A Different Approach

"People get stuck in one way of thinking," McCullumsmith says. "I tell my patients, 'It's like you have blinders on that get narrower every week.'"

Up until fairly recently, “suicide has never been addressed as its own entity,” McCullumsmith explains. “People saw it as the end result of another condition, rather than as a separate phenomenon, but now we’re rethinking that.”

Depression is clearly a major risk factor, but it is not the only one, McCullumsmith says. “There are a lot of people who are very depressed but never suicidal, and a lot of people who are not that depressed but chronically suicidal, so there is more going on.”

One key component is the loss of cognitive flexibility. “People get stuck in one way of thinking,” McCullumsmith says. “I tell my patients, ‘It’s like you have blinders on that get narrower every week.’ Many of the people we see in the emergency room just can’t get these thoughts of suicide out of their heads, so they come in or their family members bring them in.”

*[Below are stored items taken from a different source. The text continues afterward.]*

-- ===== src/Building/Dsl/Compile/Covers.antt =====
-- building/dsl.py, `compile_dsl`: the blocks of a document and those that its operations yield.
use ai_wodeshijie.Prelude.{◌≤◌, ◌≡◌, refl, ◌⊎◌, inl, inr, true, List, [], arith, length, Has}
use ai_wodeshijie.Prelude.Result.{ok, >>=-eq-ok}
use ai_wodeshijie.Json.{obj, Items, nil, cons, Fields, get}
use ai_wodeshijie.Building.Models.{
  BlueprintBlock, Blueprint, unique_from, max_blocks, make_blueprint,
}
use ai_wodeshijie.Building.Dsl.{Host}
use ai_wodeshijie.Building.Dsl.Compile.{
  primitive, place_all, run_operations, operations, finish, compile_dsl,
}
use ai_wodeshijie.Building.Dsl.Compile.Table.{
  IsTable, Agrees, Agrees-trans, Built, place_all-Built, IsTable-unique,
}

-- The operation stands in the list.
abbrev pub HasOperation : Fields → Items → Type 0
HasOperation op nil = ⊥
HasOperation op (cons v ops) = (v ≡ obj op) ⊎ HasOperation op ops

-- One of the operations yields the block.
abbrev pub Yields : Host → Items → BlueprintBlock → Type 0
Yields h ops b =
    (op : Fields) × (bs : List BlueprintBlock) × HasOperation op ops
    × (primitive h op ≡ ok bs)
    × Has b bs

Built-cons_operation :
    (h : Host) (op : Fields) (ops : Items) (bs placed mid next : List BlueprintBlock)
    → primitive h op ≡ ok bs
    → Built (λ c. Has c bs) placed mid
    → Built (Yields h ops) mid next
    → Built (Yields h (cons (obj op) ops)) placed next
Built-cons_operation h op ops bs placed mid next made p q = record {
  table = q.table;
  bounded = λ k. q.bounded (p.bounded k);
  there = λ b y. elim y.2 [
    | inl e ↦
        let same : bs ≡ y.1 = cc (made, y.3, e) in
        let (d, m, a) = p.there b (rw same y.4) in
        let (x, k, a') = q.kept d m in (x, k, Agrees-trans a a')
    | inr m ↦ q.there b (y.0, y.1, m, y.3, y.4)
  ];
  kept = λ c m.
      let (d, k, a) = p.kept c m in let (x, k', a') = q.kept d k in (x, k', Agrees-trans a a');
  only = λ d m. elim (q.only d m) [
    | inl y ↦ inl (y.0, y.1, inr y.2, y.3, y.4)
    | inr k ↦ elim (p.only d k) [ inl b ↦ inl (op, bs, inl refl, made, b) | inr k' ↦ inr k' ]
  ];
}

pub run_operations-Built :
    (h : Host) (placed : List BlueprintBlock) (ops : Items) {next : List BlueprintBlock}
    → IsTable placed
    → run_operations h placed ops ≡ ok next
    → Built (Yields h ops) placed next
unfolding run_operations
run_operations-Built h placed nil {next} t e =
    let q : placed ≡ next = cc in
    rw (← q) (record {
      table = t;
      bounded = λ k. k;
      there = λ b y. absurd y.2;
      kept = λ c m. (c, m, record { at = refl; item = refl; optional = refl });
      only = λ d m. inr m;
    })
run_operations-Built h placed (cons (obj op) ops) {next} t e =
    let (bs, made, e') = >>=-eq-ok (primitive h op) _ e in
    let (mid, found, e'') = >>=-eq-ok (place_all placed bs) _ e' in
    let p = place_all-Built placed bs t found in
    Built-cons_operation h op ops bs placed mid next made p
      (run_operations-Built h mid ops p.table e'')
run_operations-Built h placed (cons v ops) t e = cc

-- A finished document keeps the placed blocks, and its blueprint passed the validator.
finish-blocks :
    (h : Host) (spec : Fields) (placed : List BlueprintBlock) {bp : Blueprint}
    → finish h spec placed ≡ ok bp
    → bp.blocks ≡ placed
unfolding finish make_blueprint
finish-blocks h spec placed e = ground arith

-- When `compile_dsl` returns a blueprint, its blocks have no position twice and are at most 100000;
-- every block that an operation of the document yields is in it, or one of the same item and the
-- same `optional` at the same position; and every block of it is one that an operation yields.
pub compile_dsl-Covers :
    (h : Host) (spec : Fields) {bp : Blueprint}
    → compile_dsl h spec ≡ ok bp
    → (ops : Items) × (operations spec (get spec "operations") ≡ ok ops)
      × (unique_from [] bp.blocks ≡ true)
      × (length bp.blocks ≤ max_blocks)
      × ((b : BlueprintBlock)
          → Yields h ops b
          → (d : BlueprintBlock) × Has d bp.blocks × Agrees b d)
      × ((d : BlueprintBlock) → Has d bp.blocks → Yields h ops d)
unfolding compile_dsl
compile_dsl-Covers h spec {bp} e =
    let (ops, found, e') = >>=-eq-ok (operations spec (get spec "operations")) _ e in
    let (placed, made, e'') = >>=-eq-ok (run_operations h [] ops) _ e' in
    let p = run_operations-Built h [] ops tt made in
    let q = finish-blocks h spec placed e'' in
    (
      ops,
      found,
      rw q (IsTable-unique placed p.table),
      rw q (p.bounded (omega arith)),
      rw q p.there,
      rw q (λ d m. elim (p.only d m) [ inl y ↦ y | inr none ↦ absurd none ]),
    )
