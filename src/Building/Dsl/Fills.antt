-- ===== src/Building/Dsl/Fills.antt =====
-- building/dsl.py: the positions that `floor` and `outline_rectangle` fill, as conditions on the
-- fields of the operation.
pub mod Shell
use ai_wodeshijie.Prelude.{
  ◌≡◌, refl, sym, ap, ◌∙◌, subst, ◌⊎◌, ◌↔◌, inl, inr, Bool, true, false, not, ◌&&◌, ◌||◌, List, [],
  ◌∷◌, map, arith, Has, Bool-cases, if◌then◌else◌,
}
use ai_wodeshijie.Prelude.Int.{
  ℤ, pos, ◌+ℤ◌, ◌-ℤ◌, ◌≤ℤ◌, ◌==ℤ◌, ltb_ℤ, sorted2, int_laws, ==ℤ→eq, ==ℤ_refl, -ℤ_parts, +ℤ_parts,
  eq_of_parts,
}
use ai_wodeshijie.Prelude.Result.{ok, err, ◌>>=◌, ◌>>◌, guard, >>=-eq-ok, ok-injective}
use ai_wodeshijie.Json.{Value, null, bool, int, float, str, arr, obj, Fields, get, truthy}
use ai_wodeshijie.Building.Models.{Position, BlueprintBlock}
use ai_wodeshijie.Building.Dsl.{
  Host, Checked, DslError, item, integer, block, blocks, floor, corner, is_object,
  outline_rectangle, box, box_corners, box_size,
}
use ai_wodeshijie.Building.Dsl.Cells.{
  floor_cells, outline_cells, box_cells, is_face, is_shell, shift,
}
use ai_wodeshijie.Building.Dsl.Cells.Shapes.{
  Between, floor_cells_iff, OnOutline, outline_cells_iff, InBox, box_cells_iff,
}

abbrev pub positions : List BlueprintBlock → List Position
positions bs = map (λ b. b.at) bs

block-at :
    (h : Host) (op : Fields) (at : Position) (b : BlueprintBlock) → block h op at ≡ ok b → b.at ≡ at
unfolding block
block-at h op at b e =
    let (name, _, e1) = >>=-eq-ok (item h op) _ e in sym (ap (λ c. c.at) (ok-injective e1))

pub blocks-positions :
    (h : Host) (op : Fields) (cells : List Position) (bs : List BlueprintBlock)
    → blocks h op cells ≡ ok bs
    → positions bs ≡ cells
unfolding blocks
blocks-positions h op [] bs e = ap positions (sym (ok-injective e))
blocks-positions h op (at ∷ cells) bs e =
    let (b, eb, e1) = >>=-eq-ok (block h op at) _ e in
    let (rest, er, e2) = >>=-eq-ok (blocks h op cells) _ e1 in
    ap positions (sym (ok-injective e2))
    ∙ rw (block-at h op at b eb, blocks-positions h op cells rest er) refl

integer-int : (v : Value) (n : ℤ) → integer v ≡ ok n → v ≡ int n
unfolding integer
integer-int (int k) n e = ap int (ok-injective e)
integer-int null n e = cc
integer-int (bool b) n e = cc
integer-int (float z k s) n e = cc
integer-int (str s) n e = cc
integer-int (arr vs) n e = cc
integer-int (obj fs) n e = cc

-- Between two numbers, whichever is the lower.
abbrev pub Amid : ℤ → ℤ → ℤ → Type 0
Amid a b i = Between a b i ⊎ Between b a i

sorted2-cases :
    (a b : ℤ) → ((sorted2 a b ≡ (a, b)) × (a ≤ℤ b)) ⊎ ((sorted2 a b ≡ (b, a)) × (b ≤ℤ a))
unfolding sorted2
sorted2-cases a b = elim (Bool-cases (ltb_ℤ b a)) [
  | inl t ↦ inr (rw (sorted2, t) refl, ground arith)
  | inr t ↦ inl (rw (sorted2, t) refl, ground arith)
]

sorted2-ordered : (a b : ℤ) → (sorted2 a b).0 ≤ℤ (sorted2 a b).1
sorted2-ordered a b = elim (sorted2-cases a b) [ inl (e, l) ↦ rw e l | inr (e, l) ↦ rw e l ]

sorted2-Amid : (a b i : ℤ) → Between (sorted2 a b).0 (sorted2 a b).1 i ↔ Amid a b i
sorted2-Amid a b i = elim (sorted2-cases a b) [
  | inl (e, l) ↦
      rw e ((λ h. inl h), (λ h. elim h [ inl k ↦ k | inr k ↦ (omega arith, omega arith) ]))
  | inr (e, l) ↦
      rw e ((λ h. inr h), (λ h. elim h [ inl k ↦ (omega arith, omega arith) | inr k ↦ k ]))
]

sorted2-ends : (a b i : ℤ) → ((i ≡ (sorted2 a b).0) ⊎ (i ≡ (sorted2 a b).1)) ↔ ((i ≡ a) ⊎ (i ≡ b))
sorted2-ends a b i = elim (sorted2-cases a b) [
  | inl (e, l) ↦ rw e ((λ h. h), (λ h. h))
  | inr (e, l) ↦ rw e (
    (λ h. elim h [ inl k ↦ inr k | inr k ↦ inl k ]),
    (λ h. elim h [ inl k ↦ inr k | inr k ↦ inl k ]),
  )
]

-- The five fields of a rectangle are integers, and the rest is done with them.
abbrev pub Rectangle : Fields → (ℤ → ℤ → ℤ → ℤ → ℤ → Type 0) → Type 0
Rectangle op rest =
    (x1 : ℤ) × (x2 : ℤ) × (z1 : ℤ) × (z2 : ℤ) × (y : ℤ) × (get op "x1" ≡ int x1)
    × (get op "x2" ≡ int x2)
    × (get op "z1" ≡ int z1)
    × (get op "z2" ≡ int z2)
    × (get op "y" ≡ int y)
    × rest x1 x2 z1 z2 y

rectangle-reads :
    (op : Fields) (k : ℤ → ℤ → ℤ → ℤ → ℤ → Checked (List BlueprintBlock)) (bs : List BlueprintBlock)
    → (do
      x1 ← integer (get op "x1")
      x2 ← integer (get op "x2")
      z1 ← integer (get op "z1")
      z2 ← integer (get op "z2")
      y ← integer (get op "y")
      k x1 x2 z1 z2 y)
      ≡ ok bs
    → Rectangle op (λ x1 x2 z1 z2 y. k x1 x2 z1 z2 y ≡ ok bs)
rectangle-reads op k bs e =
    let (x1, r1, e1) = >>=-eq-ok (integer (get op "x1")) _ e in
    let (x2, r2, e2) = >>=-eq-ok (integer (get op "x2")) _ e1 in
    let (z1, r3, e3) = >>=-eq-ok (integer (get op "z1")) _ e2 in
    let (z2, r4, e4) = >>=-eq-ok (integer (get op "z2")) _ e3 in
    let (y, r5, e5) = >>=-eq-ok (integer (get op "y")) _ e4 in
    (
      x1,
      x2,
      z1,
      z2,
      y,
      integer-int _ x1 r1,
      integer-int _ x2 r2,
      integer-int _ z1 r3,
      integer-int _ z2 r4,
      integer-int _ y r5,
      e5,
    )

-- Where `floor` returns, its five fields are integers, and it fills the cells of level `y` whose x is
-- between `x1` and `x2` and whose z is between `z1` and `z2`, whichever is the lower, and no other.
pub floor-Fills :
    (h : Host) (op : Fields) (bs : List BlueprintBlock)
    → floor h op ≡ ok bs
    → Rectangle op (λ x1 x2 z1 z2 y.
      (p : Position) → Has p (positions bs) ↔ ((p.y ≡ y) × Amid x1 x2 p.x × Amid z1 z2 p.z))
unfolding floor
floor-Fills h op bs e =
    let (x1, x2, z1, z2, y, r1, r2, r3, r4, r5, e') =
      rectangle-reads op
        (λ x1 x2 z1 z2 y. blocks h op (floor_cells (sorted2 x1 x2) y (sorted2 z1 z2))) bs e in
    (
      x1,
      x2,
      z1,
      z2,
      y,
      r1,
      r2,
      r3,
      r4,
      r5,
      λ p. rw (blocks-positions h op _ bs e') (
          let cells =
            floor_cells_iff (sorted2 x1 x2).0 (sorted2 x1 x2).1 y (sorted2 z1 z2).0
              (sorted2 z1 z2).1 p in
          (
            λ m.
                let (ey, bx, bz) = cells.0 m in
                (ey, (sorted2-Amid x1 x2 p.x).0 bx, (sorted2-Amid z1 z2 p.z).0 bz),
            λ (ey, ax, az).
                cells.1 (ey, (sorted2-Amid x1 x2 p.x).1 ax, (sorted2-Amid z1 z2 p.z).1 az),
          )),
    )

sorted2-OnOutline :
    (x1 x2 z1 z2 : ℤ) (p : Position)
    → OnOutline (sorted2 x1 x2).0 (sorted2 x1 x2).1 (sorted2 z1 z2).0 (sorted2 z1 z2).1 p
      ↔ OnOutline x1 x2 z1 z2 p
sorted2-OnOutline x1 x2 z1 z2 p = (
  λ on. elim on [
    | inl row ↦ inl ((sorted2-ends z1 z2 p.z).0 row)
    | inr column ↦ inr ((sorted2-ends x1 x2 p.x).0 column)
  ],
  λ on. elim on [
    | inl row ↦ inl ((sorted2-ends z1 z2 p.z).1 row)
    | inr column ↦ inr ((sorted2-ends x1 x2 p.x).1 column)
  ],
)

-- Where `outline_rectangle` returns, its five fields are integers, and it fills the cells of level `y` in
-- the rectangle between its two corners, whichever is the lower, that are on one of its four sides, and
-- no other.
pub outline_rectangle-Fills :
    (h : Host) (op : Fields) (bs : List BlueprintBlock)
    → outline_rectangle h op ≡ ok bs
    → Rectangle op (λ x1 x2 z1 z2 y.
      (p : Position)
      → Has p (positions bs)
        ↔ ((p.y ≡ y) × Amid x1 x2 p.x × Amid z1 z2 p.z × OnOutline x1 x2 z1 z2 p))
unfolding outline_rectangle
outline_rectangle-Fills h op bs e =
    let (x1, x2, z1, z2, y, r1, r2, r3, r4, r5, e') =
      rectangle-reads op
        (λ x1 x2 z1 z2 y. blocks h op (outline_cells (sorted2 x1 x2) y (sorted2 z1 z2))) bs e in
    (
      x1,
      x2,
      z1,
      z2,
      y,
      r1,
      r2,
      r3,
      r4,
      r5,
      λ p. rw (blocks-positions h op _ bs e') (
          let cells =
            outline_cells_iff (sorted2 x1 x2).0 (sorted2 x1 x2).1 y (sorted2 z1 z2).0
              (sorted2 z1 z2).1 p (sorted2-ordered x1 x2) (sorted2-ordered z1 z2) in
          let on = sorted2-OnOutline x1 x2 z1 z2 p in
          (
            λ m.
                let (ey, bx, bz, o) = cells.0 m in
                (ey, (sorted2-Amid x1 x2 p.x).0 bx, (sorted2-Amid z1 z2 p.z).0 bz, on.0 o),
            λ (ey, ax, az, o).
                cells.1 (ey, (sorted2-Amid x1 x2 p.x).1 ax, (sorted2-Amid z1 z2 p.z).1 az, on.1 o),
          )),
    )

Another element is hopelessness, “which is separate from depression,” McCullumsmith says. “They often go together, but not always.” The financial crisis of the past several years has dramatically increased hopelessness, she says. “You lose your job, and it creates a crisis of hopelessness, along with a loss of cognitive flexibility and a rise in impulsivity.”

Preliminary data suggests that people who are impulsive are much more likely to have a suicide attempt. The connection did not emerge in previous suicide studies because they generally focus on “clean” patients—excluding people who have a history of using or abusing drugs and alcohol. “But both increase your impulsivity significantly,” McCullumsmith says. “And people who use alcohol and drugs have a significantly higher risk of suicide attempts.”

Disrupting the Cycle

Many people think that a person who attempts suicide and fails has “gotten it out of their system,” but in fact, “once you’ve made an attempt, you’re much more likely to have another attempt,” McCullumsmith says. “Suicide attempts get very repetitive; they put a groove into people’s thinking patterns.”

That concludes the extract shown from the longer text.